Richard Schwartz now finds himself among a caste of New Age influencers, self-help authors, and academic outcasts with enormous social-media platforms. He regularly speaks around the world at tropical island retreats; next year, he is co-hosting an $8,700 ketamine-fueled “theradelic” week near Santa Cruz, California. His IFS Institute offers a lucrative suite of coursework for aspiring parts therapists, including workshops, retreats, and three levels of training — costing upwards of $11,000 for about three weeks of classes — as well as certification ($400 up front, then $150 every two years). The annual conference sells $860 two-day passes.

Despite his ubiquity in the realm of wellness and spiritual capitalism, he is adamant about maintaining an aura of scientific credibility. He insists that IFS is evidence based and writes in professional bios that he is on the faculty of the Harvard Medical School. (Harvard clarified in an email that Schwartz is a non-faculty teaching associate at the Cambridge Health Alliance, which has an academic affiliation with Harvard but is independently owned.)

When I ask Richard about Bobby, he tells me he has only a “vague memory” of speaking to him. He quickly adds that he “feels for the families” that suffered as a result of Castlewood’s practices. When I press him about the lawsuits, he gets flustered. “I don’t want to speculate,” he says. “I don’t want to speak too much about that if you don’t mind.” He says he and Mark have not been in touch “for many years” and maintains IFS is safe and effective. The therapy “is really the opposite of fragmenting people,” he says. Clients come into treatment with their parts already intact — like a bulb of garlic, rather than the layers of an onion, he has said — “It’s not like I’m creating them.” Instead, IFS therapists work on “rounding up all those outlying parts and bringing them back home.”

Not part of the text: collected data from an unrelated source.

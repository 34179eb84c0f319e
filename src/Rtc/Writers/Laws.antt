-- ===== src/Rtc/Writers/Laws.antt =====
-- rtc/sender.go and rtc/feedback_inferer.go: the two writers compared.
use Prim.Native.String.{String}
use text.Mathlib.TextEquality.{eq_iff}
use rtq_go_endpoint.Common.{
  ℕ, ◌≡◌, ◌↔◌, ◌⊎◌, inl, inr, refl, ap, none-some, Bool, true, false, Option, none, some,
  Bool-cases, arith,
}
use rtq_go_endpoint.Rtc.Writers.{
  Error, lasting, eos_text, is_fatal, Written, default_answer, inferring_answer,
}

-- A connection error that is not said to be temporary, or the end of the stream.
abbrev pub IsFatal : Error → Type 0
IsFatal err = (err.net_error ≡ some false) ⊎ (err.text ≡ eos_text)

abbrev pub OnlyFatal : Option Error → Type 0
OnlyFatal none = Unit
OnlyFatal (some err) = IsFatal err

is_fatal_iff :
    (net_error : Option Bool) (text : String)
    → (is_fatal (record { net_error = net_error; text = text }) ≡ true)
      ↔ IsFatal (record { net_error = net_error; text = text })
unfolding is_fatal lasting
is_fatal_iff none text = ground (arith, eq_iff text eos_text)
is_fatal_iff (some true) text = ground (arith, eq_iff text eos_text)
is_fatal_iff (some false) text = ground (arith, eq_iff text eos_text)

-- The writer without inference hands on what the transport answered: its test changes nothing. The
-- inferring one agrees with it exactly where there is no error or a fatal one, that of a connection
-- which is not said to be temporary or the end of the stream.
pub default-inferring_iff :
    (n : ℕ) (o : Option Error)
    → (default_answer (n, o) ≡ (n, o))
      × ((inferring_answer (n, o) ≡ default_answer (n, o)) ↔ OnlyFatal o)
unfolding default_answer inferring_answer
default-inferring_iff n none = (refl, ((λ _. tt), (λ _. refl)))
default-inferring_iff n (some err) = elim (Bool-cases (is_fatal err)) [
  | inl yes_fatal ↦ (
    rw yes_fatal,
    ((λ _. (is_fatal_iff err.net_error err.text).0 yes_fatal), (λ _. rw yes_fatal)),
  )
  | inr not_fatal ↦ (
    rw not_fatal,
    (
      (λ same. absurd (none-some (ap (λ (w : Written). w.1) (rw not_fatal at same)))),
      (λ h. rw ((is_fatal_iff err.net_error err.text).1 h)),
    ),
  )
]
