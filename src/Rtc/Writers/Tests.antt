-- ===== src/Rtc/Writers/Tests.antt =====
-- rtc/sender.go and rtc/feedback_inferer.go: the writers on a timeout, and their law there.
use rtq_go_endpoint.Common.{◌≡◌, ◌↔◌, refl, true, none, some}
use rtq_go_endpoint.Rtc.Writers.{Error, lasting, is_fatal, default_answer, inferring_answer}
use rtq_go_endpoint.Rtc.Writers.Laws.{IsFatal, default-inferring_iff}

abbrev timeout : Error
timeout = record { net_error = some true; text = "i/o timeout" }

timeout-answers :
    (default_answer (0, some timeout) ≡ (0, some timeout))
    × (inferring_answer (0, some timeout) ≡ (0, none))
unfolding default_answer inferring_answer is_fatal lasting
timeout-answers = (refl, refl)

default-inferring_iff_example :
    (default_answer (0, some timeout) ≡ (0, some timeout))
    × ((inferring_answer (0, some timeout) ≡ default_answer (0, some timeout)) ↔ IsFatal timeout)
default-inferring_iff_example = default-inferring_iff 0 (some timeout)
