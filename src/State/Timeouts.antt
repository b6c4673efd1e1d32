-- ===== src/State/Timeouts.antt =====
-- What the table of timeouts of smqueue/smqueue.cpp promises to the queue.
use smqueue.Prelude.{◌≡◌, ◌≤◌, arith}
use smqueue.State.{SmState, delete_me_state, timeout, nt}

pub timeout-delete_me : (s : SmState) → timeout s delete_me_state ≡ 0
unfolding timeout
timeout-delete_me s = ground arith

pub timeout-le-nt : (s t : SmState) → timeout s t ≤ nt
unfolding timeout
timeout-le-nt s t = ground arith
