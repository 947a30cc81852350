-- ===== src/NetPort.antt =====
-- src/network/netport.cpp and include/network/netport.h: what the server and a client have in
-- common, the list of connections with a thread for each, and the loop that waits for connections.
-- What the subclasses add is a record of functions.
pub mod Joined
pub mod Ended
use cs4500project.Prelude.{
  ◌||◌, Run, ok, fault, undefined, Bool, List, Option, [], false, if◌then◌else◌, none, some, true,
  ◌++◌, ◌∷◌,
}

-- What `accept` answers: a connection, that none is waiting, or another error.
pub data Accepted (C : Type 0) : Type 0 where
  accepted : C → Accepted C
  would_block failed : Accepted C

-- The state `S` of a subclass, which holds `_running`, and its virtual functions on connections
-- `C`. What the operating system answers is an `E`.
pub record Subclass (E S C : Type 0) : Type 0 where
  pub is_running : S → Bool
  pub with_running : Bool → S → S
  pub initial : E → S → S
  pub on_clean_up : C → S → S
  pub on_new_connection : S → S
  -- The connections that it adds, too.
  pub main_loop_work : E → List C → S → S × List C

-- The threads that were started and those that were joined are kept in that order.
pub record NetPort (S C : Type 0) : Type 0 where
  pub own : S
  pub connections : List C
  pub started : List C
  pub joined : List C

-- One round of the loop: what other threads do to the state and the clean-ups that they make before
-- it, what `accept` answers, and which connections are finished at the clean-up.
pub record Round (E S C : Type 0) : Type 0 where
  pub others : S → S
  pub others_clean : List (C → Bool)
  pub accepting : Accepted C
  pub is_finished : C → Bool
  pub answers : E

module _ {E S C : Type 0} (h : Subclass E S C) where
  -- The loop of `_clean_up_closed`: the connections that stay, the state and the joined threads.
  unfoldable pub clean_up_from : (C → Bool) → List C → S → List C → List C × S × List C
  clean_up_from is_finished [] own joined = ([], own, joined)
  clean_up_from is_finished (c ∷ cs) own joined = elim (is_finished c) [
    | true ↦ clean_up_from is_finished cs (h.on_clean_up c own) (joined ++ c ∷ [])
    | false ↦
        let (kept, own', joined') = clean_up_from is_finished cs own joined in
        (c ∷ kept, own', joined')
  ]

  unfoldable pub clean_up_closed : (C → Bool) → NetPort S C → NetPort S C
  unfolding clean_up_from
  clean_up_closed is_finished np =
      let (kept, own, joined) = clean_up_from is_finished np.connections np.own np.joined in
      record np { own = own; connections = kept; joined = joined }

  unfoldable pub clean_up_all : List (C → Bool) → NetPort S C → NetPort S C
  unfolding clean_up_closed
  clean_up_all [] np = np
  clean_up_all (is_finished ∷ rest) np = clean_up_all rest (clean_up_closed is_finished np)

  -- `_accept_connection` and, after a connection, `_on_new_connection`.
  unfoldable pub accept_connection : Accepted C → NetPort S C → NetPort S C
  accept_connection (accepted c) np = record np {
    own = h.on_new_connection np.own;
    connections = np.connections ++ c ∷ [];
    started = np.started ++ c ∷ [];
  }
  accept_connection would_block np = np
  accept_connection failed np = record np { own = h.with_running false np.own }

  -- `_main_loop_work`, which starts a thread for each connection that it adds.
  unfoldable pub work : E → NetPort S C → NetPort S C
  work answers np =
      let (own, added) = h.main_loop_work answers np.connections np.own in
      record np { own = own; connections = np.connections ++ added; started = np.started ++ added }

  unfoldable pub one_round : Round E S C → NetPort S C → NetPort S C
  unfolding clean_up_all accept_connection work
  one_round r np =
      let np' = clean_up_all r.others_clean (record np { own = r.others np.own }) in
      work r.answers (clean_up_closed r.is_finished (accept_connection r.accepting np'))

  -- The loop of `listen_on_socket`; `none` is a loop that still runs after these rounds. The
  -- watchdog is turned off.
  unfoldable pub listen_loop : List (Round E S C) → NetPort S C → Option (NetPort S C)
  unfolding one_round
  listen_loop [] np =
      if h.is_running np.own then none else some (record np { own = h.with_running false np.own })
  listen_loop (r ∷ rounds) np = elim (h.is_running np.own) [
    | false ↦ some (record np { own = h.with_running false np.own })
    | true ↦ listen_loop rounds (one_round r np)
  ]

  -- Whether the call of `listen` succeeds is an argument.
  unfoldable pub listen_on_socket :
      Bool → E → List (Round E S C) → NetPort S C → Option (NetPort S C)
  unfolding listen_loop
  listen_on_socket listens answers rounds np =
      listen_loop rounds (record np { own = h.initial answers (h.with_running listens np.own) })

  -- `close_all`: each thread is asked to finish and joined, the first one first. It runs in the
  -- destructor of `NetPort` only, behind those of the subclass: the clean-up's call of
  -- `_on_clean_up` for a connection that is finished is one of a pure virtual function there, which
  -- the language leaves undefined.
  unfoldable pub any_finished : (C → Bool) → List C → Bool
  any_finished is_finished [] = false
  any_finished is_finished (c ∷ cs) = is_finished c || any_finished is_finished cs

  unfoldable pub join_each : List C → List C → List C
  join_each [] joined = joined
  join_each (c ∷ cs) joined = join_each cs (joined ++ c ∷ [])

  unfoldable pub close_all : (C → Bool) → NetPort S C → Run (NetPort S C)
  unfolding any_finished join_each
  close_all is_finished np =
      if any_finished is_finished np.connections
      then fault undefined
      else ok (record np { connections = []; joined = join_each np.connections np.joined })

-- A port as the constructor makes it.
unfoldable pub fresh : {S C : Type 0} → S → NetPort S C
fresh own = record { own = own; connections = []; started = []; joined = [] }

The problem, in Schwartz’s view, is that too many therapists are practicing IFS without proper training. “We can’t police everything that’s happening,” he says. “I try to make a lot of public statements about how important it is and how dangerous it is to not have full training.” Last year, the IFS Institute, which once accepted massage therapists for training, started requiring that enrollees hold a mental-health credential that allows them to practice in their state. Mark Schwartz, though, was personally trained by Richard. Was he also misusing IFS? “Yeah, I could go that far,” Richard says.

He tells me his focus remains on spreading the gospel of the practice he created more than 30 years ago, which is still evolving. His new book, his 11th, is No Bad Parts! for children, and in December he’s publishing Releasing Our Burdens with Hübl, an IFS approach to ancestral trauma. And earlier this year, Schwartz launched a video course on the spiritual, shamanic, and psychedelic dimensions of the self (available on sale for $297). On Instagram last month, he announced a new development in the evolution of IFS: Parts are actually “spirits.” Schwartz knows this, he said, because he personally was “picked to bring this model” to the world. And these spirits don’t only live in a patient’s inner world but can enter in from the outside. Perhaps they are “the ancestors,” he said. Or perhaps they are the invention of an ambitious therapist.

There is one more initiative Schwartz brings up, a collaboration with a group called the Compassion Prison Project. “We’re bringing IFS materials to prisoners all over the country,” he says.